▶ [EXERCISE AIM]: Go through the material and copy each line that includes "true".

↓

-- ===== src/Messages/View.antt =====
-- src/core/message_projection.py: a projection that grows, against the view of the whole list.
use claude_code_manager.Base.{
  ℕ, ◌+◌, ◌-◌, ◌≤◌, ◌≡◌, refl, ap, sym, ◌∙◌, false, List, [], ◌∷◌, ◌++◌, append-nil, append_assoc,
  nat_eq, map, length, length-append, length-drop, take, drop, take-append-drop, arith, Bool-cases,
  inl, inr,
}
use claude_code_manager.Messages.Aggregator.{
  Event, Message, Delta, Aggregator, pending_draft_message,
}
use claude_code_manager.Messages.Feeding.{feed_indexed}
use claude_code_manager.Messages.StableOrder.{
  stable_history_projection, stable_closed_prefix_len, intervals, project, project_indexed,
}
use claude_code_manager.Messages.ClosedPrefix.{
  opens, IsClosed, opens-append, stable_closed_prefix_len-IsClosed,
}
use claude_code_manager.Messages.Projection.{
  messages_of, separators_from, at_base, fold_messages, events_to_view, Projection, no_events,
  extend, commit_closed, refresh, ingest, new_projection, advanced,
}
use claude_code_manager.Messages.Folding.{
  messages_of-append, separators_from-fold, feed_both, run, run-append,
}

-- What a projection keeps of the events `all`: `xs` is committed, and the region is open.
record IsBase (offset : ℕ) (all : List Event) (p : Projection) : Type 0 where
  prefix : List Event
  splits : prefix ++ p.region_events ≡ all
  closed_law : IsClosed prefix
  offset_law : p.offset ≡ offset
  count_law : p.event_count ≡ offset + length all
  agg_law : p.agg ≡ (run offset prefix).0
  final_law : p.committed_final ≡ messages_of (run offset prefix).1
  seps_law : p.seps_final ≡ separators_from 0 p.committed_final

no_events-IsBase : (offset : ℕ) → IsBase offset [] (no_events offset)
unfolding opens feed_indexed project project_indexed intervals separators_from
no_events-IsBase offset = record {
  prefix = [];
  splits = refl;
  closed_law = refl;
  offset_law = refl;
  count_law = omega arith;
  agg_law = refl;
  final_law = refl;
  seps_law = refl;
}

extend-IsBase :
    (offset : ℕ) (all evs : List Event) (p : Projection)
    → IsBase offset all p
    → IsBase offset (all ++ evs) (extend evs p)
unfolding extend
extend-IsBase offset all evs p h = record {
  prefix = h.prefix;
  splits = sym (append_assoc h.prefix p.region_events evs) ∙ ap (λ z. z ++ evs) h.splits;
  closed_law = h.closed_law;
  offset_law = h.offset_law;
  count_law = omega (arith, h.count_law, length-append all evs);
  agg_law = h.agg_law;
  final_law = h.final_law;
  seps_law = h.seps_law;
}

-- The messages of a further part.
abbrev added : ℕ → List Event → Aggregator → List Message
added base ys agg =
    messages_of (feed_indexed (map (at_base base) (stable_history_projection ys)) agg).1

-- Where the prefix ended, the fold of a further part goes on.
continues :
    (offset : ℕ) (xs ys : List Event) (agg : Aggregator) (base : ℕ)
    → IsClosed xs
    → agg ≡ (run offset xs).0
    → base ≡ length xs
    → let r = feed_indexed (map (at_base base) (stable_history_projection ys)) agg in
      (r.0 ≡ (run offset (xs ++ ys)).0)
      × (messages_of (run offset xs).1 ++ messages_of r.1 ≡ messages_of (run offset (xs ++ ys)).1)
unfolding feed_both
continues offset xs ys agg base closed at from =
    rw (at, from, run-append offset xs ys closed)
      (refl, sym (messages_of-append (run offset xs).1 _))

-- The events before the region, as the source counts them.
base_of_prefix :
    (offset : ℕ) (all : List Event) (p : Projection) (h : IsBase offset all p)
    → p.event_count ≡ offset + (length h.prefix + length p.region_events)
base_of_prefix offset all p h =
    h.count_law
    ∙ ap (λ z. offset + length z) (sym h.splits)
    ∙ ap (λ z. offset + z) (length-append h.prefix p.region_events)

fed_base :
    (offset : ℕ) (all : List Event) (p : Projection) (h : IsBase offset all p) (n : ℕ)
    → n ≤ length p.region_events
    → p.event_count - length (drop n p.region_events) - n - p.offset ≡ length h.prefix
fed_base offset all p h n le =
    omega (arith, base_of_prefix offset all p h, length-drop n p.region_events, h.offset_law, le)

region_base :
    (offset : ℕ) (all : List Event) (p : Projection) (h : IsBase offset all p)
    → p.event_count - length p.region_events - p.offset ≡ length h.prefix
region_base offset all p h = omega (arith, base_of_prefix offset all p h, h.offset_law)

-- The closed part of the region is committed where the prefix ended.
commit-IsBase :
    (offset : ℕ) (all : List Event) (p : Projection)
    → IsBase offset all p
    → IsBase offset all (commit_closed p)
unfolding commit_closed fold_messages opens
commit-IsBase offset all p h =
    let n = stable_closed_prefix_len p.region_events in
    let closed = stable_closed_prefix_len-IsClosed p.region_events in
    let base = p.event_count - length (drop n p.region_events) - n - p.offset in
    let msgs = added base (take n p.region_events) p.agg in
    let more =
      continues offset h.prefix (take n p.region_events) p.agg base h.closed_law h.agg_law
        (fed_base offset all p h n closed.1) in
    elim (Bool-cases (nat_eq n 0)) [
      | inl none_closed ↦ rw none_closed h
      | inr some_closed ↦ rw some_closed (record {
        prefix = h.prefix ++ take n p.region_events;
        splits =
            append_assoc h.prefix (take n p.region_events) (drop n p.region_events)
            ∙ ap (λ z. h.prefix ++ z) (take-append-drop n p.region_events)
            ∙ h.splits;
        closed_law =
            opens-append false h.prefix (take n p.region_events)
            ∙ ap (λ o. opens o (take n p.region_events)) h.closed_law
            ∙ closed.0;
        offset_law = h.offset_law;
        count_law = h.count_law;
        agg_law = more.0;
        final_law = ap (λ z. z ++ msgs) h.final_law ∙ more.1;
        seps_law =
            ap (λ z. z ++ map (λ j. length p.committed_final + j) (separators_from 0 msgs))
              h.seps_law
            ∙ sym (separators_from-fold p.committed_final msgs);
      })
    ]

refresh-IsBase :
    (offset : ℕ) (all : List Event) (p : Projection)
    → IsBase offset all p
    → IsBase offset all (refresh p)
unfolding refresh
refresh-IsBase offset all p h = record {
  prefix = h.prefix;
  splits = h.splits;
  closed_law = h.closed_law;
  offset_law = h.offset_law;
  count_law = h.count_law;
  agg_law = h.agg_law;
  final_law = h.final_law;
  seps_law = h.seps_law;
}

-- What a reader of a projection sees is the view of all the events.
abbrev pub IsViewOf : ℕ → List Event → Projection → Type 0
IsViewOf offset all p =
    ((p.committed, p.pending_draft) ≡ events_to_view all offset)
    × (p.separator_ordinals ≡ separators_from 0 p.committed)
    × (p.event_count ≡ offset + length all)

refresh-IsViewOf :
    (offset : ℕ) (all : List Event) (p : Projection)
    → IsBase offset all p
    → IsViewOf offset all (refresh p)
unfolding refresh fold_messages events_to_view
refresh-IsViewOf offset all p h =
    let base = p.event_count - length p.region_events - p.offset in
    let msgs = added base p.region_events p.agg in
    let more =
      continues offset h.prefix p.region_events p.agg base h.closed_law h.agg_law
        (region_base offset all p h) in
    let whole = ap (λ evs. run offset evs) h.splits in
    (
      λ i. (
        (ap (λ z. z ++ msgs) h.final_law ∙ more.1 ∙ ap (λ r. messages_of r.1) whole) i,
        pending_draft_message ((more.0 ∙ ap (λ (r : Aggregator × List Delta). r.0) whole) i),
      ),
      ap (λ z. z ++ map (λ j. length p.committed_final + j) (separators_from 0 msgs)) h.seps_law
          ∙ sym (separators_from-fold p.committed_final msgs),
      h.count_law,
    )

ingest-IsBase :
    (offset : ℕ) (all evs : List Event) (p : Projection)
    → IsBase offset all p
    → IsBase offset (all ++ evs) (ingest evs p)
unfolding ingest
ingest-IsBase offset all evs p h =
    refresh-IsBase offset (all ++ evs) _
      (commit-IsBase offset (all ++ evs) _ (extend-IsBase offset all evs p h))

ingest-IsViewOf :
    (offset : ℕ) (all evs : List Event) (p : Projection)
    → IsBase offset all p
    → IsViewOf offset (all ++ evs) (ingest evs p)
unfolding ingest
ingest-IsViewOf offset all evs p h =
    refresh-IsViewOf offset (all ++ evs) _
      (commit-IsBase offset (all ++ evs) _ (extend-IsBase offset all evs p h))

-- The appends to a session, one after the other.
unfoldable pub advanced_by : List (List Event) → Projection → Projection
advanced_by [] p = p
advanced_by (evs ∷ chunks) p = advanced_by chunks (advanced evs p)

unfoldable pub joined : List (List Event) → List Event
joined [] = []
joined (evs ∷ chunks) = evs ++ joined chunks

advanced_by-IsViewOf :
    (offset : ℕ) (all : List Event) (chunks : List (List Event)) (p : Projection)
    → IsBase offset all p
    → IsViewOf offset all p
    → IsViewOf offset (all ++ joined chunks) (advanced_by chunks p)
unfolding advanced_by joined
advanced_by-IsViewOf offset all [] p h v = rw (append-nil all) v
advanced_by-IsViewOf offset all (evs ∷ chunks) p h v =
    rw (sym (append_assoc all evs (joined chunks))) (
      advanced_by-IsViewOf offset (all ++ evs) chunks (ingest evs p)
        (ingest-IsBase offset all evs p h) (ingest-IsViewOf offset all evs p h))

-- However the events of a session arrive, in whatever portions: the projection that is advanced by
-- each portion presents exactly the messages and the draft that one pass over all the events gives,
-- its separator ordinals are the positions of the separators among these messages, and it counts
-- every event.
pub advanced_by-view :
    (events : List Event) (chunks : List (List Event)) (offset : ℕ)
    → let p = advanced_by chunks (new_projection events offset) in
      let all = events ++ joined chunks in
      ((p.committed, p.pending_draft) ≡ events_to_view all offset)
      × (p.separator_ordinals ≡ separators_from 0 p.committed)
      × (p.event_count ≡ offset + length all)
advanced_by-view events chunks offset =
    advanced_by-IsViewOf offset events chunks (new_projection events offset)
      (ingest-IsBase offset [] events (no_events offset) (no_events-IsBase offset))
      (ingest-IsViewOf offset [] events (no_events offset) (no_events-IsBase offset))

↑
↓

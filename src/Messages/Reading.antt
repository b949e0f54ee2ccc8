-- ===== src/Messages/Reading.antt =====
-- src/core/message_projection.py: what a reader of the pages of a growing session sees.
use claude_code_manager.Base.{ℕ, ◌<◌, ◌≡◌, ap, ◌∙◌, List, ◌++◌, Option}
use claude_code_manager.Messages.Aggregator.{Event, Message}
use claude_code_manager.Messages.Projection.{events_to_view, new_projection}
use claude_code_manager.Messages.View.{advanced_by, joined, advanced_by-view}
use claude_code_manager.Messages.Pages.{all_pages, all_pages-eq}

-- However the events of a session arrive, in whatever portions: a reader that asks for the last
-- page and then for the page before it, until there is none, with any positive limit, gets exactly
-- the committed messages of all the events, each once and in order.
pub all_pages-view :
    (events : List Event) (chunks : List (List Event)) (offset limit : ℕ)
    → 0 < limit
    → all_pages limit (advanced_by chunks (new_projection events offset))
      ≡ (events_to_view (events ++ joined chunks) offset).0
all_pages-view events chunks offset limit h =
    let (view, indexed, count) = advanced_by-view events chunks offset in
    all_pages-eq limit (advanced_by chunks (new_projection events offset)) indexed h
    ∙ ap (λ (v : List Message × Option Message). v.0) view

↑
↓

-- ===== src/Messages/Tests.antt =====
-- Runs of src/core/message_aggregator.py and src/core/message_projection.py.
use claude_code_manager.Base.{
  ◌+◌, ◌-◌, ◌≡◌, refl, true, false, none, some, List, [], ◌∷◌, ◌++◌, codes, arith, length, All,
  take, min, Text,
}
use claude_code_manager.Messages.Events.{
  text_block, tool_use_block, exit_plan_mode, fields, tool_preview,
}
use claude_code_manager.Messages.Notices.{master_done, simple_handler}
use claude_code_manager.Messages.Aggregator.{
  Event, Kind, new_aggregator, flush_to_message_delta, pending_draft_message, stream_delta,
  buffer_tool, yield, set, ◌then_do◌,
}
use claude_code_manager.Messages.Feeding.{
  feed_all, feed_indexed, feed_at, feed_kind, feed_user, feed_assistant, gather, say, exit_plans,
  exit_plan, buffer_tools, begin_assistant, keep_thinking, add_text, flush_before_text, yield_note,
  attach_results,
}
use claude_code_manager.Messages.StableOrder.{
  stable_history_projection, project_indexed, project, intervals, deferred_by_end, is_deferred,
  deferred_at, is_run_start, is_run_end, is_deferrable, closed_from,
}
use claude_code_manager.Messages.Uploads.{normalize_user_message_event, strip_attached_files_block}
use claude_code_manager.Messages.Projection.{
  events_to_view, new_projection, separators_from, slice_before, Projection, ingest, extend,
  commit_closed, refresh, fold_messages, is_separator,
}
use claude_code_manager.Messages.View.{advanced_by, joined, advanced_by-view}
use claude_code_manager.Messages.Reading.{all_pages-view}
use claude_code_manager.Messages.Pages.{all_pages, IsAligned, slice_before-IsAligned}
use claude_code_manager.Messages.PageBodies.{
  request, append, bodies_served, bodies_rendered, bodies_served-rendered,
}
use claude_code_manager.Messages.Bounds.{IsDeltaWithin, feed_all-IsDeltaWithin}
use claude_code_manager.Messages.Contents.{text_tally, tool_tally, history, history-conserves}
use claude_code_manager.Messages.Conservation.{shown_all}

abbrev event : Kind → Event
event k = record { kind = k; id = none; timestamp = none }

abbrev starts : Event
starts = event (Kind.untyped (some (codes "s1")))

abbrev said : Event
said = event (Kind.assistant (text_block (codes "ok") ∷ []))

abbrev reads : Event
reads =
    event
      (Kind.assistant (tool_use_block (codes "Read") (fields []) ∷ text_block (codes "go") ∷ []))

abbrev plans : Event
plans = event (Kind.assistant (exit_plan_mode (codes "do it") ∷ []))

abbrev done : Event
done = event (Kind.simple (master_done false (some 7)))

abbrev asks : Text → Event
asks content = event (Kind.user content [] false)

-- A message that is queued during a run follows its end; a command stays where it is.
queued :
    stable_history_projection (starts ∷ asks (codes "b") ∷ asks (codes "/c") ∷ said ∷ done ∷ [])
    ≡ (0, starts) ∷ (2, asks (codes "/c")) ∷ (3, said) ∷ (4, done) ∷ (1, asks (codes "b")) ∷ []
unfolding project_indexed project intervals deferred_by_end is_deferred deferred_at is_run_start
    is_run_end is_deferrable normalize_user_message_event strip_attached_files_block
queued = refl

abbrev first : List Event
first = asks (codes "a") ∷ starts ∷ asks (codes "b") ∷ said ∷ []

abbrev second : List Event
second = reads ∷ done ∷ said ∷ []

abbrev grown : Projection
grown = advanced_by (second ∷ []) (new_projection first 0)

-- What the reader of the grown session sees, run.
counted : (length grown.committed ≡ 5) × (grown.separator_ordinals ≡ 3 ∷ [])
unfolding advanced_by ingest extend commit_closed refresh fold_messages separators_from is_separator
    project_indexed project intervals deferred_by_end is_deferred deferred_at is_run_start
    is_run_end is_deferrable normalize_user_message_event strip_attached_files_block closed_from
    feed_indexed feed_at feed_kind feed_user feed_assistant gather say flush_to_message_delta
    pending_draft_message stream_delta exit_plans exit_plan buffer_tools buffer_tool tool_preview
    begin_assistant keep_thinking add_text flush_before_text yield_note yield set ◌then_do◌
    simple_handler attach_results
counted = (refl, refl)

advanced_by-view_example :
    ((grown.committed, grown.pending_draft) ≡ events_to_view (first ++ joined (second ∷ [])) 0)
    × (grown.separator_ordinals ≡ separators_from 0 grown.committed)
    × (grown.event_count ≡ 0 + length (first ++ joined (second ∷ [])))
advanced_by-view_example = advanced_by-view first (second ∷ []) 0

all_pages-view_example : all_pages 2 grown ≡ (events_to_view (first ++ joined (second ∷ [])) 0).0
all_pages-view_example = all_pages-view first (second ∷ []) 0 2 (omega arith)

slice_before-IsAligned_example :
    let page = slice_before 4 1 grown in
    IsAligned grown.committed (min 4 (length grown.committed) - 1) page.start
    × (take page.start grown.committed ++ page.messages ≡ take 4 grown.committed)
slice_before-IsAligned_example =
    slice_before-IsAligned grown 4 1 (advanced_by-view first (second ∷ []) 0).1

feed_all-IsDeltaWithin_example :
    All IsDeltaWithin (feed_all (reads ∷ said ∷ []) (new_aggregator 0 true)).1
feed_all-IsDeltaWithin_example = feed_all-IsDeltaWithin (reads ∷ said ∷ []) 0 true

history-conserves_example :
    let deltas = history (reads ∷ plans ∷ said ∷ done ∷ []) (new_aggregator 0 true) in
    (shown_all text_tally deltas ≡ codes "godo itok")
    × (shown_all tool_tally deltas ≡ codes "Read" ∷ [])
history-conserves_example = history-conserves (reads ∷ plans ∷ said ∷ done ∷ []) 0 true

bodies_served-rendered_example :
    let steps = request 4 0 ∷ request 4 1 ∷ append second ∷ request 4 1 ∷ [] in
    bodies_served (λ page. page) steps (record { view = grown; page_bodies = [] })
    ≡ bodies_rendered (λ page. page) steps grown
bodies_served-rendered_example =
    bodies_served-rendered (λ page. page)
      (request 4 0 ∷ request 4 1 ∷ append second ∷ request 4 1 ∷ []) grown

↑

▶ [ANSWER FOR THE TASK]:
  ◌+◌, ◌-◌, ◌≡◌, refl, true, false, none, some, List, [], ◌∷◌, ◌++◌, codes, arith, length, All,
    All IsDeltaWithin (feed_all (reads ∷ said ∷ []) (new_aggregator 0 true)).1
feed_all-IsDeltaWithin_example = feed_all-IsDeltaWithin (reads ∷ said ∷ []) 0 true
    let deltas = history (reads ∷ plans ∷ said ∷ done ∷ []) (new_aggregator 0 true) in
history-conserves_example = history-conserves (reads ∷ plans ∷ said ∷ done ∷ []) 0 true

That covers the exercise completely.